David Diop
David Diop | |
---|---|
Born | 1966 (age 54–55) Paris, France |
Nationality | French |
Alma mater | Paris-Sorbonne University |
Life of David Diop
Childhood, education and teaching
The son of a French mother and a Senegalese father was born in Paris, but grew up in Senegal. There he also attended elementary and secondary school. Diop returned to France for further studies. He studied in Toulouse and Paris and received his doctorate from the Sorbonne in 18th century French literature.
Since 1998 Diop has worked as a lecturer at the University of Pau . There he teaches literature of the 18th century and French-language African literature. Since 2009 Diop has also headed a research group (GRREA 17/18) that deals with the European colonization of Africa in the 17th and 18th centuries. In 2014 he obtained the habilitation à diriger des recherches (HDR), which is considered the central qualification for admission to a professorship in France.
Working as a writer
In parallel to his teaching activity, Diop has so far published two historical novels. His debut novel 1889, l'attraction universelle , published in 2012, focuses on a Senegalese delegation whose trip to the Paris World's Fair in 1889 ends miserably in a circus in Bordeaux .

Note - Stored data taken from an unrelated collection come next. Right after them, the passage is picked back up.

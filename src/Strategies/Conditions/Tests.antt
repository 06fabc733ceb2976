-- ===== src/Strategies/Conditions/Tests.antt =====
-- The condition engine on small inputs.
use ratatoskr_v.Base.{ℕ, ◌≡◌, ◌↔◌, refl, true, false, some, none, Option, List, [], ◌∷◌}
use ratatoskr_v.Domain.{equities, m1}
use ratatoskr_v.Decimal.{Decimal, of_ℕ, decimals}
use ratatoskr_v.MarketData.{Bar}
use ratatoskr_v.Strategies.Conditions.{
  value, indicator, unknown, crosses_above, less_than, Right, Condition, all_of, any_of, condition,
  group, Items, no_items, more, Values, resolve_operand, without_last, resolve_series, compare,
  crosses, in_range, evaluate_operator, evaluate_condition, evaluate_item, evaluate,
}
use ratatoskr_v.Strategies.Conditions.Meaning.{Holds, evaluate-Holds}

unfoldable engine : Unit {0}
unfolding decimals resolve_operand without_last resolve_series compare crosses in_range
    evaluate_operator evaluate_item evaluate
engine = tt

abbrev bar : ℕ → Bar
bar price = record {
  symbol = 50;
  market = equities;
  timeframe = m1;
  ts = 0;
  open_price = of_ℕ price;
  high = of_ℕ price;
  low = of_ℕ price;
  close = of_ℕ price;
  volume = of_ℕ 1;
  is_aggregated = false;
}

-- The indicator is the last close.
abbrev last_close : List Bar → Option Decimal
last_close [] = none
last_close (b ∷ []) = some b.close
last_close (b ∷ c ∷ bs) = last_close (c ∷ bs)

abbrev values : Values
values = record { indicator_value = λ _. last_close; formula_value = λ _ _. none }

abbrev level : ℕ → Right
level price = record { operand = value (some (of_ℕ price)); range_min = none; range_max = none }

abbrev above : Condition
above = record { operator = crosses_above; left = indicator 1; right = level 100 }

abbrev rising : List Bar
rising = bar 99 ∷ bar 101 ∷ []

fires : evaluate_condition values rising above ≡ true
unfolding engine
fires = refl

abbrev cheap : Condition
cheap = record { operator = less_than; left = indicator 1; right = level 120 }

abbrev lost : Condition
lost = record { operator = less_than; left = unknown; right = level 120 }

-- A crossover, and one of two more conditions.
abbrev items : Items
items =
    more (condition above)
      (more (group any_of (more (condition lost) (more (condition cheap) no_items))) no_items)

enters : evaluate values all_of items rising ≡ true
unfolding engine
enters = refl

evaluate-Holds_example :
    (evaluate values all_of items rising ≡ true) ↔ Holds values rising (group all_of items)
evaluate-Holds_example = evaluate-Holds values all_of items rising
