-- ===== src/Strategies/Exits/Entry.antt =====
-- The entry price that the exits of strategies/runner.py read.
use ratatoskr_v.Base.{◌≡◌, refl, Bool, true, false, Option, some, List, not, arith}
use ratatoskr_v.Base.Int.{pos_part}
use ratatoskr_v.Decimal.{Decimal, decimal_zero, is_le}
use ratatoskr_v.Decimal.Sign.{
  IsPositive, IsZero, mul-IsZero_left, pos-mul_pow, IsNonneg-of_IsPositive,
}
use ratatoskr_v.MarketData.{Bar}
use ratatoskr_v.Portfolio.{PositionSide, long, short, is_long, Position}
use ratatoskr_v.Strategies.Exits.{
  percent, Rule, position_dict, entry_of, share_away, compute_stop_price, compute_take_profit,
  has_value, at_or_worse, at_or_better, stop_loss_fires, take_profit_fires,
}

above_zero :
    (close d : Decimal)
    → IsPositive close
    → IsZero d
    → (is_le close d ≡ false) × (is_le d close ≡ true)
unfolding is_le
above_zero close d h k =
    let large = pos-mul_pow (pos_part close.coef) d.scale h in
    let sign = IsNonneg-of_IsPositive close h in
    (rw (k, sign) (ground (arith)), rw (k, sign) (ground (arith)))

module _ (close value : Decimal) (positive : IsPositive close) (below : Bool) where
  beyond_zero :
      (is_le close (share_away below decimal_zero value) ≡ false)
      × (is_le (share_away below decimal_zero value) close ≡ true)
  beyond_zero = above_zero close _ positive (mul-IsZero_left decimal_zero _ refl)

at_or_worse-zero :
    (side : PositionSide) (close value : Decimal) (below : Bool)
    → IsPositive close
    → at_or_worse side close (share_away below decimal_zero value) ≡ not (is_long side)
unfolding at_or_worse
at_or_worse-zero long close value below h = (beyond_zero close value h below).0
at_or_worse-zero short close value below h = (beyond_zero close value h below).1

at_or_better-zero :
    (side : PositionSide) (close value : Decimal) (below : Bool)
    → IsPositive close
    → at_or_better side close (share_away below decimal_zero value) ≡ is_long side
unfolding at_or_better
at_or_better-zero long close value below h = (beyond_zero close value h below).1
at_or_better-zero short close value below h = (beyond_zero close value h below).0

-- The positions that the runner evaluates have no entry price under the key that the exits read, and
-- it counts as 0. So at every price above zero, and whatever the real entry price is, a stop loss in
-- percent never fires for a long position and always for a short one, and a take profit in percent
-- always fires for a long position and never for a short one.
pub position_dict-percent :
    (p : Position) (value close : Decimal) (other : Option Rule) (bars : List Bar)
    → IsPositive close
    → has_value (record { type = percent; value = some value }) ≡ true
    → (stop_loss_fires
          (some (record { type = percent; value = some value }))
          (position_dict p)
          close
          bars
        ≡ not (is_long p.side))
      × (take_profit_fires
            (some (record { type = percent; value = some value }))
            other
            (position_dict p)
            close
            bars
          ≡ is_long p.side)
unfolding stop_loss_fires take_profit_fires position_dict entry_of compute_stop_price
    compute_take_profit
position_dict-percent p value close other bars positive present = (
  rw present (at_or_worse-zero p.side close value _ positive),
  rw present (at_or_better-zero p.side close value _ positive),
)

Diop's second novel, Frère d'âme (English title: Our blood is black at night ; . "Brothers in Arms"), which was published in 2018 by the renowned publisher Éditions du Seuil . The book to which a. A quote from the Senegalese author Cheikh Hamidou Kane is prefixed, he also called it his "true first novel". The work was inspired by Diop's great-grandfather, who was one of around 135,000 Senegalese "tirailleurs" in World War I.fought on the side of the French troops, but had never spoken of his experiences. 30,000 of them were killed.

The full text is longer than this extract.